Stored data entries.

=======

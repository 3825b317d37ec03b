-- ===== src/Kernel/Outbox/Delivery.antt =====
-- Claims of messages, and messages that are settled.
use aiya_cms.Prelude.{
  seconds, ℕ, ◌+◌, ◌≤◌, ◌≡◌, ◌≢◌, ◌∙◌, ◌⊎◌, refl, sym, String, false, some, List, arith, All,
  Bool-cases, Option-cases, inl, inr, str_eq, eq_option, ◌&&◌,
}
use aiya_cms.Prelude.Table.{get, get-put_ne, key-get}
use aiya_cms.Kernel.Lease.{claimed, finished, dead, eq_status, LeasedRow, row_id, is_due, due_ids}
use aiya_cms.Kernel.Lease.Claims.{
  live_is_not_due, claim_rows-keeps, Distinct, HeldBy, owned_rows-HeldBy,
}
use aiya_cms.Kernel.Outbox.{claim_due, mark, stale, standing}

-- While the lease of a claimed message lives, no claim by any worker changes its row.
pub claim_due-Exclusive :
    (batch lease_seconds now expires i : ℕ) (owner other : String) (t : List LeasedRow)
    (r : LeasedRow)
    → get row_id i t ≡ some r
    → HeldBy owner expires r
    → now ≤ expires
    → get row_id i (claim_due batch other lease_seconds now t).1 ≡ some r
unfolding claim_due
claim_due-Exclusive batch lease_seconds now expires i owner other t r g h l =
    claim_rows-keeps other (now + seconds lease_seconds) now (due_ids now batch t) i t r g
      (live_is_not_due owner expires now r h l)

-- In a table with distinct ids, every message that a claim returns is claimed by the caller, with a
-- lease of the length asked for.
pub claim_due-HeldBy :
    (batch lease_seconds now : ℕ) (owner : String) (t : List LeasedRow)
    → Distinct t
    → All (HeldBy owner (now + seconds lease_seconds)) (claim_due batch owner lease_seconds now t).0
unfolding claim_due
claim_due-HeldBy batch lease_seconds now owner t d =
    owned_rows-HeldBy owner (now + seconds lease_seconds) now batch t d

-- A message that is delivered or dead.
abbrev pub IsSettled : LeasedRow → Type 0
IsSettled r = (r.status ≡ finished) ⊎ (r.status ≡ dead)

pub settled_is_not_due : (now : ℕ) (r : LeasedRow) → IsSettled r → is_due now r ≡ false
unfolding is_due
settled_is_not_due now r (inl e) = ground (arith, e)
settled_is_not_due now r (inr e) = ground (arith, e)

pub settled_is_not_held :
    (owner : String) (now : ℕ) (r : LeasedRow) → IsSettled r → standing owner now (some r) ≡ stale
unfolding standing
settled_is_not_held owner now r (inl e) = ground (arith, e)
settled_is_not_held owner now r (inr e) = ground (arith, e)

-- A row is found again after a mark on another one.
pub mark-other :
    (i : ℕ) (message : LeasedRow) (change : LeasedRow → LeasedRow) (t : List LeasedRow)
    → ((q : LeasedRow) → (change q).id ≡ q.id)
    → message.id ≢ i
    → get row_id i (mark message change t) ≡ get row_id i t
unfolding mark
mark-other i message change t same ne = elim (Option-cases (get row_id message.id t)) [
  | inl e ↦ rw (e, mark) refl
  | inr (cur, e) ↦
      elim (Bool-cases
        (eq_status cur.status claimed && eq_option str_eq cur.lease_owner message.lease_owner)) [
          | inl c ↦
              rw (e, mark)
                (rw c (
                  get-put_ne row_id i (change cur) t
                    (λ p. ne (sym (key-get row_id message.id t cur e) ∙ sym (same cur) ∙ p))))
          | inr c ↦ rw (e, mark) (rw c refl)
        ]
]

=======

Work order. The expected answer is an exact copy of the lines beginning at the one with "(e, mark) refl" and running to the end of the entries above.

Answer to this exercise.
  | inl e ↦ rw (e, mark) refl
  | inr (cur, e) ↦
      elim (Bool-cases
        (eq_status cur.status claimed && eq_option str_eq cur.lease_owner message.lease_owner)) [
          | inl c ↦
              rw (e, mark)
                (rw c (
                  get-put_ne row_id i (change cur) t
                    (λ p. ne (sym (key-get row_id message.id t cur e) ∙ sym (same cur) ∙ p))))
          | inr c ↦ rw (e, mark) (rw c refl)
        ]
]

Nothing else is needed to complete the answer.